Initiated 0.1.5 release & doc cleanup

PyDataBlog · PyDataBlog · commit ad9fefdafdea · 2020-04-17T13:48:42.000+02:00
diff --git a/Project.toml b/Project.toml
@@ -1,7 +1,7 @@
 name = "ParallelKMeans"
 uuid = "42b8e9d4-006b-409a-8472-7f34b3fb58af"
 authors = ["Bernard Brenyah", "Andrey Oskin"]
-version = "0.1.4"
+version = "0.1.5"
 
 [deps]
 Distances = "b4f34e82-e78d-54a5-968a-f98e89d6e8f7"
@@ -10,7 +10,7 @@ StatsBase = "2913bbd2-ae8a-5f71-8c99-4fb6c76f3a91"
 
 [compat]
 StatsBase = "0.32, 0.33"
-julia = "1.3, 1.4"
+julia = "1.3"
 Distances = "0.8.2"
 MLJModelInterface = "0.2.1"
 
diff --git a/docs/src/index.md b/docs/src/index.md
@@ -3,7 +3,7 @@
 ## Motivation
 
 It's actually a funny story led to the development of this package.
-What started off as a personal toy project trying to re-construct the K-Means algorithm in native Julia blew up after a heated discussion on the Julia Discourse forum when I asked for Julia optimizaition tips.

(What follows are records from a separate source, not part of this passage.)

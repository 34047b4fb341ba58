-- ===== src/Cascade/Worker/Tests.antt =====
-- The theorems on the worker at a table of three rows.
use ever_os.Prelude.{
  ltb, Bool-cases, count, ℕ, ◌+◌, min, String, ◌≡◌, refl, inl, inr, true, none, some, [], arith,
}
use ever_os.Cascade.Queue.{get, eligible, mark_failed}
use ever_os.Cascade.Queue.Invariant.{IsValid}
use ever_os.Cascade.Queue.Summary.{backlog}
use ever_os.Cascade.Queue.Progress.{Handled}
use ever_os.Cascade.Queue.Tests.{in_flight, table, table-IsValid}
use ever_os.Cascade.Reconcile.{is_deleted}
use ever_os.Cascade.Scan.{scan_once}
use ever_os.Cascade.Scan.Tests.{disk, inputs, inputs-Unique, walked, swept-backlog}
use ever_os.Cascade.Worker.{
  handled, external, Handler, CascadeWorker, WorkerState, max_total_retries, run_handler,
  process_one, drain_once, drain_passes,
}
use ever_os.Cascade.Worker.Row.{Marked, process_one_marks, persistent_failure}
use ever_os.Cascade.Worker.Drain.{drain_once_lem, drain_passes_empties}
use ever_os.Cascade.Worker.Success.{Succeeds, WithinBudget, drain_passes_handles}
use ever_os.Cascade.Worker.Rest.{cascade_comes_to_rest}

-- The world is a clock that every call of a handler advances.
abbrev obliging : Handler ℕ
obliging = record {
  handle_added_or_modified =
      λ path w. (w + 1, handled (record { upserted = 1; deleted = 0; skipped = 0 }));
  handle_deleted = λ path w. (w + 1, handled (record { upserted = 0; deleted = 1; skipped = 0 }));
  has_lance_repo = true;
}

abbrev unreachable : Handler ℕ
unreachable = record {
  handle_added_or_modified = λ path w. (w + 1, external "timeout");
  handle_deleted = λ path w. (w + 1, external "timeout");
  has_lance_repo = true;
}

abbrev worker_with : Handler ℕ → CascadeWorker ℕ
worker_with handler = record {
  handlers = λ kind. some handler;
  batch_size = 2;
  max_retry = 3;
  retry_backoff = 1;
  optimize_min_interval = 30;
  get_utc_now = λ w. w;
  monotonic = λ w. w;
  sleep = λ seconds w. w + seconds;
  no_handler_error = λ kind. "no handler";
  budget_error = λ count. "retry budget exhausted";
}

abbrev at_start : WorkerState ℕ
at_start = record { queue = table; world = 100; unrecoverable_total = 0; optimizers = [] }

worker-Succeeds : Succeeds (worker_with obliging)
unfolding run_handler
worker-Succeeds = record {
  at = λ kind. (
    obliging,
    refl,
    λ row w. elim (Bool-cases (is_deleted row.change_type)) [
      | inl e ↦ (record { upserted = 0; deleted = 1; skipped = 0 }, rw e refl)
      | inr e ↦ (record { upserted = 1; deleted = 0; skipped = 0 }, rw e refl)
    ],
  );
}

table-WithinBudget : WithinBudget table
table-WithinBudget = (omega arith, (omega arith, (omega arith, tt)))

process_one_marks_example :
    Marked in_flight 3 table (process_one (worker_with unreachable) in_flight at_start).0.queue
process_one_marks_example = process_one_marks (worker_with unreachable) in_flight at_start

drain_once_lem_example :
    let (next, processed) = drain_once (worker_with unreachable) none at_start in
    IsValid next.queue
    × (processed ≡ min 2 (count (eligible none) table))
    × (backlog next.queue + processed ≡ backlog table)
drain_once_lem_example = drain_once_lem (worker_with unreachable) none at_start table-IsValid

drain_passes_empties_example :
    (backlog (drain_passes (worker_with unreachable) none 1 at_start).0.queue ≡ 0)
    × ((drain_passes (worker_with unreachable) none 1 at_start).1 ≡ backlog table)
    × IsValid (drain_passes (worker_with unreachable) none 1 at_start).0.queue
drain_passes_empties_example =
    drain_passes_empties (worker_with unreachable) 1 at_start table-IsValid (omega arith)
      (omega arith)

drain_passes_handles_example :
    Handled
      (get "a.md" table)
      (get "a.md" (drain_passes (worker_with obliging) none 1 at_start).0.queue)
drain_passes_handles_example =
    drain_passes_handles (worker_with obliging) worker-Succeeds 1 at_start table-IsValid
      table-WithinBudget (omega arith) (omega arith) "a.md"

cascade_comes_to_rest_example :
    let swept : WorkerState ℕ = record at_start {
      queue = (scan_once (λ k. k) disk none table).0;
    } in
    let after = (drain_passes (worker_with obliging) none 2 swept).0.queue in
    scan_once (λ k. k + 200) disk none after ≡ (after, some [])
cascade_comes_to_rest_example =
    cascade_comes_to_rest (worker_with obliging) (λ k. k) (λ k. k + 200) disk inputs 2 at_start
      worker-Succeeds table-IsValid table-WithinBudget inputs-Unique walked (omega arith)
      (omega (arith, swept-backlog))

persistent_failure_example :
    (error : String) × (now : ℕ) × ((process_one
        (worker_with unreachable)
        in_flight
        at_start).0.queue
      ≡ mark_failed "b.md" (ltb (0 + 3) max_total_retries) error (0 + 3) now table)
unfolding run_handler
persistent_failure_example =
    persistent_failure (worker_with unreachable) unreachable in_flight at_start refl (omega arith)
      (λ w. ("timeout", refl))
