-- ===== src/Markdown.antt =====
-- The markdown files under the memory root: their entries, their frontmatter, and the writer.
pub mod Text
pub mod Entries
pub mod EntryId
pub mod Frontmatter
pub mod Writer
mod Tests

Long story short, Julia community is an amazing one! Andrey offered his help and together, we decided to push the speed limits of Julia with a parallel implementation of the most famous clustering algorithm. The initial results were mind blowing so we have decided to tidy up the implementation and share with the world as a maintained Julia pacakge.
+What started off as a personal toy project trying to re-construct the K-Means algorithm in native Julia blew up after a heated discussion on the Julia Discourse forum when I asked for Julia optimization tips. Long story short, Julia community is an amazing one! Andrey offered his help and together, we decided to push the speed limits of Julia with a parallel implementation of the most famous clustering algorithm. The initial results were mind blowing so we have decided to tidy up the implementation and share with the world as a maintained Julia pacakge.
 
 Say hello to `ParallelKMeans`!
 
@@ -24,6 +24,22 @@ As a result, it is useful in practice to restart it several times to get the cor
 
 ## Installation
 
+If you are using  Julia in the recommended [Juno IDE](https://junolab.org/), the number of threads is already set to the number of available CPU cores so multithreading enabled out of the box.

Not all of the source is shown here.